IIoT data lets companies use analytics tools to access insights. With it, companies use data visualization to assess the ongoing and predict the future performance challenges. 

  1. Artificial Intelligence and Machine Learning

The integration of Artificial Intelligence and Machine Learning facilitates harnessing manufacturing data. These technologies’ assimilation in the service infrastructure and applications expedites the processing of data, thereby improving efficiency.

AI and ML-led digital transformation is boosting industrial robustness with operational streamlining via automation. Companies are actively investing in technologies that process massive data volumes in real-time and with accuracy.

Processing tons of data strengthens manufacturers to swiftly process and develop products while reducing costs and industrial waste. 

  1. 3D Printing

3D Printing works towards developing products via digital data, wherein lasers work on materials’ coatings. Manufacturers can build prototypes with 3D Printing and troubleshoot errors to ensure seamless production at scale.

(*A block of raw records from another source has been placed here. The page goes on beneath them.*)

-- ===== src/TcpPipe/Line/Framed.antt =====
-- The bytes of one side of a tcp_pipe_endpoint as frames.
pub mod Handlers
pub mod Timeouts
use common.Base.{
  ℕ, ◌≡◌, refl, sym, ap, ◌∙◌, List, [], ◌∷◌, ◌++◌, append-nil, append_assoc, length, All, Option,
  none, some, Bool, true, false, arith, Bool-cases, inl, inr, ok, bind_ok, ok_injective, subst,
  ◌||◌, not,
}
use common.Results.{PipeOpRes, is_op_success}
use common.TcpPipe.Endpoint.{
  OperationData, Timer, Socket, ErrorCode, success, operation_aborted, failure, header, payload,
  Turn, invalidate_unsafe, start_header_async, start_payload_async, ends_with, goes_on, fails,
  after_header, after_payload, next_operation, completes, closing_result, cancel_timer,
}
use common.TcpPipe.Line.{Phase, in_header, in_payload, phase_of, Medium, completed}

-- Messages one after the other.
abbrev pub frames : (List ℕ → List ℕ) → List (List ℕ) → List ℕ
frames frame [] = []
frames frame (x ∷ xs) = frame x ++ frames frame xs

pub frames-append :
    (frame : List ℕ → List ℕ) (xs : List (List ℕ)) (x : List ℕ)
    → frames frame (xs ++ x ∷ []) ≡ frames frame xs ++ frame x
frames-append frame [] x = append-nil (frame x)
frames-append frame (y ∷ xs) x =
    ap (λ r. frame y ++ r) (frames-append frame xs x)
    ∙ sym (append_assoc (frame y) (frames frame xs) (frame x))

-- What a medium must keep, for messages framed by `frame`. `held` are the bytes of a message that
-- an operation has moved, `Good` holds of its progress between two handlers, and `Partial` of what
-- it may leave on the line.
pub record Laws {B R : Type 0} (m : Medium B R) (frame : List ℕ → List ℕ) : Type 1 where
  pub Good : B → Type 0
  pub held : B → List ℕ
  pub Partial : List ℕ → Type 0
  pub nothing : Partial []
  pub keeps : (b : B) (r : PipeOpRes) → is_op_success r ≡ false → (m.kind.take r b).0 ≡ b
  pub starts : (b : B) → m.Starts b → Good b × (held b ≡ [])
  pub moves_header :
      (b : B) (r : R) (bytes : List ℕ)
      → Good b
      → m.kind.header_buffer b ≡ ok r
      → m.Moves in_header b bytes
      → let b' = m.kind.add_bytes (length bytes) (m.fill in_header bytes b) in
        Good b' × (held b' ≡ held b ++ bytes)
  pub moves_payload :
      (b : B) (r : R) (bytes : List ℕ)
      → Good b
      → m.kind.payload_buffer b ≡ ok r
      → m.Moves in_payload b bytes
      → let b' = m.kind.add_bytes (length bytes) (m.fill in_payload bytes b) in
        Good b' × (held b' ≡ held b ++ bytes)
  pub whole :
      (b : B) → Good b → m.kind.is_payload_completed b ≡ ok true → held b ≡ frame (m.message b)
  pub partial : (b : B) → Good b → Partial (held b)

module _ {B R : Type 0} (m : Medium B R) (frame : List ℕ → List ℕ) (l : Laws m frame) where
  -- The operations behind the one in progress have moved nothing.
  abbrev pub Waiting : List (OperationData B) → Type 0
  Waiting ds = All (λ (d : OperationData B). l.Good d.op.progress × (l.held d.op.progress ≡ [])) ds

  abbrev pub Operations : List (OperationData B) → Type 0
  Operations [] = Unit {0}
  Operations (d ∷ ds) = l.Good d.op.progress × Waiting ds

  -- What the line holds behind the complete frames.
  abbrev pub Tail : List (OperationData B) → Bool → List ℕ → Type 0
  Tail [] open_ tail = open_ ≡ true → tail ≡ []
  Tail (d ∷ ds) open_ tail = tail ≡ l.held d.op.progress

  abbrev pub Ready : Phase → B → Type 0
  Ready in_header b = (r : R) × (m.kind.header_buffer b ≡ ok r)
  Ready in_payload b = (r : R) × (m.kind.payload_buffer b ≡ ok r)

  -- An operation on the socket is under way exactly while there are operations.
  abbrev pub Flight : Option Phase → List (OperationData B) → Type 0
  Flight none [] = Unit {0}
  Flight none (d ∷ ds) = ⊥
  Flight (some p) [] = ⊥
  Flight (some p) (d ∷ ds) = Ready p d.op.progress

  pub record Lined (ops : List (OperationData B)) (open_ : Bool) (under_way : Option Phase)
      (stream : List ℕ) (done : List (List ℕ)) : Type 0 where
    pub tail : List ℕ
    pub line : stream ≡ frames frame done ++ tail
    pub partial : l.Partial tail
    pub end : Tail ops open_ tail
    pub operations : Operations ops
    pub flight : Flight under_way ops

  abbrev pub Fits : List ℕ → List (List ℕ) → Turn B R → Type 0
  Fits stream done turn =
      Lined turn.operations turn.socket.is_open (phase_of turn.started) stream done

  pub ends_with-Fits :
      (r : PipeOpRes) (callbacks : List ℕ) (ops : List (OperationData B)) (t : Timer) (s : Socket)
      (turn : Turn B R) (stream : List ℕ) (done : List (List ℕ)) (tail : List ℕ)
      → s.is_open ≡ false
      → stream ≡ frames frame done ++ tail
      → l.Partial tail
      → ends_with m.kind r callbacks ops t s ≡ ok turn
      → Fits stream done turn
  ends_with-Fits r callbacks ops t s turn stream done tail shut e p h =
      subst (Fits stream done) (ok_injective h) (record {
        tail = tail;
        line = e;
        partial = p;
        end = λ o. absurd (ground (arith, shut, o));
        operations = tt;
        flight = tt;
      })

  -- The start of an operation on the socket, with what the line holds of the first operation.
  pub start_header-Fits :
      (d : OperationData B) (ds : List (OperationData B)) (t : Timer) (s : Socket) (turn : Turn B R)
      (stream : List ℕ) (done : List (List ℕ))
      → stream ≡ frames frame done ++ l.held d.op.progress
      → Operations (d ∷ ds)
      → start_header_async m.kind (d ∷ ds) t s ≡ ok turn
      → Fits stream done turn
  unfolding start_header_async
  start_header-Fits d ds t s turn stream done e o h = elim (Bool-cases s.is_open) [
    | inr shut ↦
        ends_with-Fits (closing_result s) [] (d ∷ ds) t s turn stream done (l.held d.op.progress)
          shut e (l.partial d.op.progress o.0) (ground (arith, shut, h))
    | inl up ↦ begins up
  ]
    where
      begins : s.is_open ≡ true → Fits stream done turn
      begins up =
          let (r, b, f) =
            bind_ok (m.kind.header_buffer d.op.progress)
              (λ r. goes_on m.kind (header r) (d ∷ ds) t s) {b = turn} (ground (arith, up, h)) in
          subst (Fits stream done) (ok_injective f) (record {
            tail = l.held d.op.progress;
            line = e;
            partial = l.partial d.op.progress o.0;
            end = refl;
            operations = o;
            flight = (r, b);
          })

  pub start_payload-Fits :
      (d : OperationData B) (ds : List (OperationData B)) (t : Timer) (s : Socket) (turn : Turn B R)
      (stream : List ℕ) (done : List (List ℕ))
      → stream ≡ frames frame done ++ l.held d.op.progress
      → Operations (d ∷ ds)
      → start_payload_async m.kind (d ∷ ds) t s ≡ ok turn
      → Fits stream done turn
  unfolding start_payload_async invalidate_unsafe
  start_payload-Fits d ds t s turn stream done e o h =
      elim (Bool-cases (m.kind.is_payload_buffer_valid d.op.progress)) [
        | inr bad ↦
            ends_with-Fits PipeOpRes.failed (invalidate_unsafe false s).1 (d ∷ ds) t
              (invalidate_unsafe false s).0 turn stream done (l.held d.op.progress) refl e
              (l.partial d.op.progress o.0) (ground (arith, bad, h))
        | inl valid ↦ elim (Bool-cases s.is_open) [
          | inr shut ↦
              ends_with-Fits (closing_result s) [] (d ∷ ds) t s turn stream done
                (l.held d.op.progress) shut e (l.partial d.op.progress o.0)
                (ground (arith, valid, shut, h))
          | inl up ↦ begins valid up
        ]
      ]
    where
      begins :
          m.kind.is_payload_buffer_valid d.op.progress ≡ true
          → s.is_open ≡ true
          → Fits stream done turn
      begins valid up =
          let (r, b, f) =
            bind_ok (m.kind.payload_buffer d.op.progress)
              (λ r. goes_on m.kind (payload r) (d ∷ ds) t s) {b = turn}
              (ground (arith, valid, up, h)) in
          subst (Fits stream done) (ok_injective f) (record {
            tail = l.held d.op.progress;
            line = e;
            partial = l.partial d.op.progress o.0;
            end = refl;
            operations = o;
            flight = (r, b);
          })
      -- An error ends all operations, on a socket that is then closed.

The not-so-affordable task of tooling is no more a necessity now with 3D Printing. Also, there is no need for physical prototypes.

3D Printing sharpens the competitive edge whilst giving constant feedback throughout the product launch pipeline. Making design solutions even more immersive, the intended users can get an actual feel of the product prior to actual manufacturing.

3D Printing enables mass customization and paves way for new geometries. 

  1. Augmented Reality (AR) and Virtual Reality (VR)

Enabling the digitization of instruction manuals, AR and VR are poised to redefine mainstream industrial technologies in years to come. AR and VR can be leveraged to offer immersive training, remote assistance, and collaboration.

Together AR and VR can instruct on technical work via offering real-time instructions. These technologies can also facilitate technical support on a remote basis, and inject life in training experiences.

AR can analyze machine environments’ complications. Via computer vision, AR can give a map of machines (similar to a real-time visual manual). As a result, highly-skilled labor service turns into a “downloadable” skill. Workers can see real-time stats of the manufacturing process, with AR, to attain precision.

VR is a critical manufacturing process component applicable in technical training, remote equipment servicing, and reviews of designs.

       Conclusion

Customized, modular, automated, and efficient are the words that describe manufacturing of the future. Industrial evolution is a pressing need that provides robust potential of boosting the returns on investment. With robotics, AI, and IoT digitization in place, data insights and smart robotics investments would boost output and lessen cost.

Asset efficiency, less machine breakdowns, and higher workplace safety would transform business models with digital transformation of manufacturing.